Problem: Please filter the listing for the string "first" and copy each matching line.
· · ·
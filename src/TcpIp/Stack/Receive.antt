-- ===== src/TcpIp/Stack/Receive.antt =====
-- What arrives from the network: socket_lookup, tcp_rx and udp_rx of FeatherOS/kernel/net/tcpip.c.
use feather_os.Prelude.{
  ℕ, ◌+◌, ◌-◌, ◌%◌, ◌^◌, Bool, true, ◌&&◌, ◌||◌, Option, none, some, List, [], ◌∷◌, ltb, leb, ◌==◌,
  if◌then◌else◌,
}
use feather_os.Prelude.Int.{ℤ, pos, negsuc}
use feather_os.TcpIp.Address.{IpAddr, ip_addr_equal}
use feather_os.TcpIp.Route.{zero_address}
use feather_os.TcpIp.Socket.{Socket, tcp_buf_size, copy_in, copy_out, Segment, tcp_segment}
use feather_os.TcpIp.Stack.{NetStack, with_socket}

-- A NULL address of socket_lookup fits every socket.
abbrev pub ip_fits : Option IpAddr → IpAddr → Bool
ip_fits none addr = true
ip_fits (some ip) addr = ip_addr_equal (some addr) (some ip)

abbrev pub answers_to : Option IpAddr → ℕ → Option IpAddr → ℕ → Socket → Bool
answers_to local_ip local_port remote_ip remote_port s =
    (s.local_port == local_port)
    && ip_fits local_ip s.local_addr
    && ((remote_port == 0) || ((s.remote_port == remote_port) && ip_fits remote_ip s.remote_addr))

-- The first socket of the list that fits.
unfoldable pub socket_lookup : Option IpAddr → ℕ → Option IpAddr → ℕ → List Socket → Option ℕ
socket_lookup local_ip local_port remote_ip remote_port [] = none
socket_lookup local_ip local_port remote_ip remote_port (s ∷ ss) =
    let rest = socket_lookup local_ip local_port remote_ip remote_port ss in
    if answers_to local_ip local_port remote_ip remote_port s then some s.fd else rest

-- What is done with the socket that the lookup finds.
unfoldable pub deliver : Option ℕ → (Socket → Socket × ℤ) → NetStack → NetStack × ℤ
deliver none op st = (st, negsuc 0)
deliver (some fd) op st = with_socket fd op st

-- The addresses that tcp_rx and udp_rx look up are variables of their own, all zero. The source
-- returns at the first guard where `skb` is shorter than a header.
unfoldable pub tcp_rx : Segment → NetStack → NetStack × ℤ
tcp_rx seg st =
    if ltb seg.len 20
    then (st, negsuc 0)
    else (deliver
        (socket_lookup (some zero_address) seg.dest_port (some zero_address) seg.src_port
          st.sockets)
        (tcp_segment seg) st)

-- A received UDP datagram: the fields of its header in the order of the machine, `skb->len`, and
-- the memory from `skb->data` on.
pub record Datagram : Type 0 where
  pub src_port : ℕ
  pub dest_port : ℕ
  pub length : ℕ
  pub len : ℕ
  pub bytes : ℕ → ℕ

-- `ip_ntohs(hdr->length) - sizeof(udp_header_t)`, a `uint32_t`
abbrev pub udp_data_len : Datagram → ℕ
udp_data_len d = (d.length + 2 ^ 32 - 8) % 2 ^ 32

-- memcpy copies `data_len` bytes, whether or not the datagram has so many, and where the sum of the
-- lengths wraps, more than `recv_buf` has room for.
unfoldable pub udp_datagram : Datagram → Socket → Socket × ℤ
udp_datagram d s =
    if leb ((s.recv_len + udp_data_len d) % 2 ^ 32) tcp_buf_size
    then (
      record s {
        recv_buf = copy_in s.recv_buf s.recv_len (copy_out d.bytes 8 (udp_data_len d));
        recv_len = (s.recv_len + udp_data_len d) % 2 ^ 32;
      },
      pos 0,
    )
    else (s, pos 0)

unfoldable pub udp_rx : Datagram → NetStack → NetStack × ℤ
udp_rx d st =
    if ltb d.len 8
    then (st, negsuc 0)
    else (deliver
        (socket_lookup (some zero_address) d.dest_port (some zero_address) d.src_port st.sockets)
        (udp_datagram d) st)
· · ·
Answer for the task:
-- The first socket of the list that fits.
-- returns at the first guard where `skb` is shorter than a header.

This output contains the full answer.